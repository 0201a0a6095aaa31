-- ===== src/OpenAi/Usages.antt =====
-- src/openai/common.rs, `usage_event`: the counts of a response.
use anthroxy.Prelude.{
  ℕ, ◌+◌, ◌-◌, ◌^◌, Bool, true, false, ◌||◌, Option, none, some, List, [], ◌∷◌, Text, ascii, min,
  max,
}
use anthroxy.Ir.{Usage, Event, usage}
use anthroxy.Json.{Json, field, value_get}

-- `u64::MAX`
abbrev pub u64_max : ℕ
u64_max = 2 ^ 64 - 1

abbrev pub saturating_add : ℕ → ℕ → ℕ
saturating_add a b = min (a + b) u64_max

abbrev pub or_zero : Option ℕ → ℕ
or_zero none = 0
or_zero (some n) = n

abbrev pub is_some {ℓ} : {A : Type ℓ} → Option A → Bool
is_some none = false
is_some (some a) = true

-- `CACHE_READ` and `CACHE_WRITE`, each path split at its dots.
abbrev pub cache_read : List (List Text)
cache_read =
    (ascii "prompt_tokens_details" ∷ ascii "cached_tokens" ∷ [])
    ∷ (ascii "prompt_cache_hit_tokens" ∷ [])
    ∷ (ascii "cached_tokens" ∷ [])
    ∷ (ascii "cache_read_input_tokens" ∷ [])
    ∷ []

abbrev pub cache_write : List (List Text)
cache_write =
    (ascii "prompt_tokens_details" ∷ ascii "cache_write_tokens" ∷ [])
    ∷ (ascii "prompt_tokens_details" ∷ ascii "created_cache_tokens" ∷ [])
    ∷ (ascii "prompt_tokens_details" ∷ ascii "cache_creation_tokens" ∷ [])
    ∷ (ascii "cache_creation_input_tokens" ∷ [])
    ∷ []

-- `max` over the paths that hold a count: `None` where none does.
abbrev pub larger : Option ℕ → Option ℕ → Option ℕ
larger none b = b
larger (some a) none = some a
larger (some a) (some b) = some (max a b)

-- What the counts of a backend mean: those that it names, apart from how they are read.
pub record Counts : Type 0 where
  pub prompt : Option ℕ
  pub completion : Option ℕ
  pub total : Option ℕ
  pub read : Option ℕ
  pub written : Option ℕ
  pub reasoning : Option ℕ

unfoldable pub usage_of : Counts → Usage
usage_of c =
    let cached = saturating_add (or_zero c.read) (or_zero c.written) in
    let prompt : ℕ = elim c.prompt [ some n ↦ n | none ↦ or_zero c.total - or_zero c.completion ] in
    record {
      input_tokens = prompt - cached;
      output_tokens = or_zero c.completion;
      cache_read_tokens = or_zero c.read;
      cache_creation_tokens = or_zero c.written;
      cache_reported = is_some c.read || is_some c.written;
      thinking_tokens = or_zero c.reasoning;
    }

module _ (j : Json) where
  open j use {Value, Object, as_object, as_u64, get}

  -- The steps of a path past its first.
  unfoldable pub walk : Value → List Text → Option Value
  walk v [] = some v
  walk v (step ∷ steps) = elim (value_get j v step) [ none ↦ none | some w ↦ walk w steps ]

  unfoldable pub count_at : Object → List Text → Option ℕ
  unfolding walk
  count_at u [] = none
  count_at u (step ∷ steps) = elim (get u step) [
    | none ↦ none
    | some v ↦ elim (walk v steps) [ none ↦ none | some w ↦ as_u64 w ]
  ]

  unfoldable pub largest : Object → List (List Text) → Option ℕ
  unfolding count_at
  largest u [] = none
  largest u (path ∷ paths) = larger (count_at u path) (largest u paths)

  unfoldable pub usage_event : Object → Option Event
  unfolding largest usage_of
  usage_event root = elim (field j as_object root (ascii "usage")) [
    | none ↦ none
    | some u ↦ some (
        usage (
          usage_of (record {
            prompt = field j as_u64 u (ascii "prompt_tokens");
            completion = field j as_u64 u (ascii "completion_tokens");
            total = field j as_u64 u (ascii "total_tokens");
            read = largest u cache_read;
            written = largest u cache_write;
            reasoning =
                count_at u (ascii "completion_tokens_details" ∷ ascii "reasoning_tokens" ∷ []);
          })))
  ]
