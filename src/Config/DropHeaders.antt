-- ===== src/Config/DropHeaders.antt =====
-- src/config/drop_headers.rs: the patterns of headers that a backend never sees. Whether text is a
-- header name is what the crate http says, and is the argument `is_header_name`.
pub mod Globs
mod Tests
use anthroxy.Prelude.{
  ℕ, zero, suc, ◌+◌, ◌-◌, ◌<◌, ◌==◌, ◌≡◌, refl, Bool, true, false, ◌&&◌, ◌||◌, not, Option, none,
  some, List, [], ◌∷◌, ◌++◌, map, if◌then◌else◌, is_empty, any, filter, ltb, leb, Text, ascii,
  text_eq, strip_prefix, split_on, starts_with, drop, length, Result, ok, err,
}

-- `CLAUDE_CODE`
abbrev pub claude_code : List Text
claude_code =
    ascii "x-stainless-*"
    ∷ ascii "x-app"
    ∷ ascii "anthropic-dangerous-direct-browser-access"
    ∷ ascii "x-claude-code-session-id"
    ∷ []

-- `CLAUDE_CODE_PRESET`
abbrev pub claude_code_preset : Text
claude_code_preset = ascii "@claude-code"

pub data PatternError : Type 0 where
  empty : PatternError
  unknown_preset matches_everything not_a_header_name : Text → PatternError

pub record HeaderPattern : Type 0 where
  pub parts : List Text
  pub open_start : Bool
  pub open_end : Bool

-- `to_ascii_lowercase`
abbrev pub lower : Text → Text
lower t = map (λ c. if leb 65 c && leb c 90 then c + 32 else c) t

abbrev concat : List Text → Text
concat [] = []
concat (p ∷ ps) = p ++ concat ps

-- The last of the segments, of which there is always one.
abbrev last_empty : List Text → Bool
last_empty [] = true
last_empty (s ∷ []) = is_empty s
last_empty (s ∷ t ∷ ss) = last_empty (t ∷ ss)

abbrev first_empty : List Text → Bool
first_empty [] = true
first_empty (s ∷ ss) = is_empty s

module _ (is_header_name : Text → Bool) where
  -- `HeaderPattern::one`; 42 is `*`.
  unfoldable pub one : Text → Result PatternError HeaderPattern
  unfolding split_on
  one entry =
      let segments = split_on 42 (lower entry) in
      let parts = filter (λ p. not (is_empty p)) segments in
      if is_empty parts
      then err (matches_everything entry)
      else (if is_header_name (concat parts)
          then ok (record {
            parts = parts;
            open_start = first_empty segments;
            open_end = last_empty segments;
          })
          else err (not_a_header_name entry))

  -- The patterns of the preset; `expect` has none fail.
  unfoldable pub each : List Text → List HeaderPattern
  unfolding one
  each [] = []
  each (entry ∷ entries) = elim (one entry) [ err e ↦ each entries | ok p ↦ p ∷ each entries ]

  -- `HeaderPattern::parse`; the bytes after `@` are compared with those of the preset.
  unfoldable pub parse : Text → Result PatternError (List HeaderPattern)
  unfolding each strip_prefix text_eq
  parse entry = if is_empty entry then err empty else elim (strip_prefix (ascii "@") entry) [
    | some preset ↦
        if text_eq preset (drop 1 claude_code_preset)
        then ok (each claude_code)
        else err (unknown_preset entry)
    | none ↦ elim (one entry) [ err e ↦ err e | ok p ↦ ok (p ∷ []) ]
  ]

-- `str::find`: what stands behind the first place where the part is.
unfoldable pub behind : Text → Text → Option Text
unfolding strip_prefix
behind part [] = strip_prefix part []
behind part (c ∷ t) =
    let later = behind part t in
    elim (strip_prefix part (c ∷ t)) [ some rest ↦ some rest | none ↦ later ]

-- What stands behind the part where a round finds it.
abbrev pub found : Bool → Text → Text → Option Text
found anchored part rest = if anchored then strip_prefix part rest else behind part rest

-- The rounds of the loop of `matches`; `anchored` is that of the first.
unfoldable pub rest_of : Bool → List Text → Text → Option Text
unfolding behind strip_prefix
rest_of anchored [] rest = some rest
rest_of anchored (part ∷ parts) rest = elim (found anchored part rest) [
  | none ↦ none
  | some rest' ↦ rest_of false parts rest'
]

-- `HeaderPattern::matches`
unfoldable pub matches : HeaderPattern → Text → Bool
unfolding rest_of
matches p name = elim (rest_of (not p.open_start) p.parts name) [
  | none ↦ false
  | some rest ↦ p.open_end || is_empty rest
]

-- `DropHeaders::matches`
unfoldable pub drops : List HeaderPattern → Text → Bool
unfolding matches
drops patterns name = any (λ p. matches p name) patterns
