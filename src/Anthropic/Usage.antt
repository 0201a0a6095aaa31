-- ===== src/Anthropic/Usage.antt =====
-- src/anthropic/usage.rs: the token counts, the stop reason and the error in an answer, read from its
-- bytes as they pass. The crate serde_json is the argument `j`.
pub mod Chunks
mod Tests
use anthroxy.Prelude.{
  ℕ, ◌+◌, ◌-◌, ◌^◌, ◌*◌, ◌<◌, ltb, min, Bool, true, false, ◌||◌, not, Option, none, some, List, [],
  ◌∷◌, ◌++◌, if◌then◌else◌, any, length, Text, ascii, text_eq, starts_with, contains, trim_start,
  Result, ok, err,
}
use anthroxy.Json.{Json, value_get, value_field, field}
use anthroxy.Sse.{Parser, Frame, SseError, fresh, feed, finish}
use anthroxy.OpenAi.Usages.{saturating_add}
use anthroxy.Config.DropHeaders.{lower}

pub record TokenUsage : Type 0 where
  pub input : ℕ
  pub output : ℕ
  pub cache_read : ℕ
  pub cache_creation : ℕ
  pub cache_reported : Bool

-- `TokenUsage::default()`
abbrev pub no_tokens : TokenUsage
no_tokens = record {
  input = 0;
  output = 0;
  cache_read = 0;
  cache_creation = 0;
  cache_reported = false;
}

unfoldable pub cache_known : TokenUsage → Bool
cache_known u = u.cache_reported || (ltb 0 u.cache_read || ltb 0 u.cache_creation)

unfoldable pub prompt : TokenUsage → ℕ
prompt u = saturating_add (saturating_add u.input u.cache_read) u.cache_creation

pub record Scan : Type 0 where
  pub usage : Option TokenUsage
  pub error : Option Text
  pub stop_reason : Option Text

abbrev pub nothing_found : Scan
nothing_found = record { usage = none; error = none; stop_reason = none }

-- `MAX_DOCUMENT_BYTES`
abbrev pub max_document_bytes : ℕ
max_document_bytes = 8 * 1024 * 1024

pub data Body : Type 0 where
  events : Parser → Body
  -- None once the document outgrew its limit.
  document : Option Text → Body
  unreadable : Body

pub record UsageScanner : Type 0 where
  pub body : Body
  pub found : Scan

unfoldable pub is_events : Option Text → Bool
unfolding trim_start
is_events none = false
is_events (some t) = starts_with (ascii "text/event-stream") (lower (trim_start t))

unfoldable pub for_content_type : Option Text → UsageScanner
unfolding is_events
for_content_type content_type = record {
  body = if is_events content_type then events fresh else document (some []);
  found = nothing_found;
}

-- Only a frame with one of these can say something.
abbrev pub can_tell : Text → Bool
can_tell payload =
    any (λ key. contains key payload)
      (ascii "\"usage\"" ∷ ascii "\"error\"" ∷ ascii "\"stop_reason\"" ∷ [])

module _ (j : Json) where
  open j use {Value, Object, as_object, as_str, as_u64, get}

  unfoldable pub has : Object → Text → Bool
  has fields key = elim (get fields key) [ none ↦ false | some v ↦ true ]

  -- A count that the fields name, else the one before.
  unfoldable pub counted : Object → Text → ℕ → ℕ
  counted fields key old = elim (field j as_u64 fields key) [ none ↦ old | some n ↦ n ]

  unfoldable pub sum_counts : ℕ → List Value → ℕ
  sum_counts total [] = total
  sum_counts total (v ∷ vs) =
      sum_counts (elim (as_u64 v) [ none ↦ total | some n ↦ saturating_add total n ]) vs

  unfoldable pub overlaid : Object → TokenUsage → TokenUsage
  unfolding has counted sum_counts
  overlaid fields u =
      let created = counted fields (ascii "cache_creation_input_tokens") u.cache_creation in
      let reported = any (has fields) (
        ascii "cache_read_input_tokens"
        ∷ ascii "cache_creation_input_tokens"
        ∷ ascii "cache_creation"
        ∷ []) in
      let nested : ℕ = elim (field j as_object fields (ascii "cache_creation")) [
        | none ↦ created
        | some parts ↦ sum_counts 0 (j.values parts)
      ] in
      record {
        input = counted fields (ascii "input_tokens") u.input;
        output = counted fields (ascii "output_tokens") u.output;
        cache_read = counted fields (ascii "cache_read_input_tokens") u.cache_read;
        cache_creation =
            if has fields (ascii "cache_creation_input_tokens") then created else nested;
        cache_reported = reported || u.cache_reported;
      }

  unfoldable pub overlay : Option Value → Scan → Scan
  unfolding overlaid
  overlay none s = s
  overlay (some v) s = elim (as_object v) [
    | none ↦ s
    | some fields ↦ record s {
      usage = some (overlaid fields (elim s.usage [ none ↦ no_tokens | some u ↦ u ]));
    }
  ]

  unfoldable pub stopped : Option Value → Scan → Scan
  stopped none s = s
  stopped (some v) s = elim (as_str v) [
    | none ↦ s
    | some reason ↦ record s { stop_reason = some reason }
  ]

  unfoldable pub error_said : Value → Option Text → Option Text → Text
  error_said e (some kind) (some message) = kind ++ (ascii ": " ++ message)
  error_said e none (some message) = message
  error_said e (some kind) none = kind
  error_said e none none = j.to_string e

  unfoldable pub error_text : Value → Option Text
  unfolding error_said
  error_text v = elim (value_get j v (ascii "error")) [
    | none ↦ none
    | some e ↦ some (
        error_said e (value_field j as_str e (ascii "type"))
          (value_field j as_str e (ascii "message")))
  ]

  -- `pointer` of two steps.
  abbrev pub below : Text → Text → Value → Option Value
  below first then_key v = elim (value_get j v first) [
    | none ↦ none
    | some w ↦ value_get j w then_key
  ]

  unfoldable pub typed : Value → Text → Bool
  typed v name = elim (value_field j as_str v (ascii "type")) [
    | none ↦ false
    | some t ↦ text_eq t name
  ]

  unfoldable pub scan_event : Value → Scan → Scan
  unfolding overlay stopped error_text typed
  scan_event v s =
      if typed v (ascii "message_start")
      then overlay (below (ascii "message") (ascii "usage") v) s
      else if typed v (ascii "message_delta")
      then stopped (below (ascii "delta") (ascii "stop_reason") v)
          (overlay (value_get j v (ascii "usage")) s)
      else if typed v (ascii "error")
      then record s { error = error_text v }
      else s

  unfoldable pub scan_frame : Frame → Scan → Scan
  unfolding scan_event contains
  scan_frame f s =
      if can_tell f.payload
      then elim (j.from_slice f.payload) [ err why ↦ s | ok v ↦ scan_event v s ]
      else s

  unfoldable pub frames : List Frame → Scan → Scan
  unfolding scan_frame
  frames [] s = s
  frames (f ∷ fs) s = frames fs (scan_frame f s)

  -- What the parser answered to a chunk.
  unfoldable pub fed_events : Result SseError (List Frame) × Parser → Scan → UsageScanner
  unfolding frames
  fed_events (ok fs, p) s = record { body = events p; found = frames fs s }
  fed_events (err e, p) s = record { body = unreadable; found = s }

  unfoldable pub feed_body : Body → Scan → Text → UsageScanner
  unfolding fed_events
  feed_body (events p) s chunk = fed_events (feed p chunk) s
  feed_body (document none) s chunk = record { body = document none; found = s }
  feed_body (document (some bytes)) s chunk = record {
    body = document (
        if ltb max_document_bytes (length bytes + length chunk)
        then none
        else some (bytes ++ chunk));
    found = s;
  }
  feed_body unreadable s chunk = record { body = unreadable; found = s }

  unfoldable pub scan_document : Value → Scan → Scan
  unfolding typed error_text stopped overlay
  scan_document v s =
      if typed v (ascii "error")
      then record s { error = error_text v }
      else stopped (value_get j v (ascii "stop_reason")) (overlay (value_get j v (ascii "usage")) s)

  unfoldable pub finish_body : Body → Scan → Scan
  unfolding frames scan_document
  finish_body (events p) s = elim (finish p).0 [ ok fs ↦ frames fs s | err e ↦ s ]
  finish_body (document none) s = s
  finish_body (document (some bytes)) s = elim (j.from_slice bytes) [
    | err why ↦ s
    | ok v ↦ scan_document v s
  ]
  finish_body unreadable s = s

→ Task:
Please state how many lines in the data contain the word "anthroxy", giving only that number.

→ Output below:
9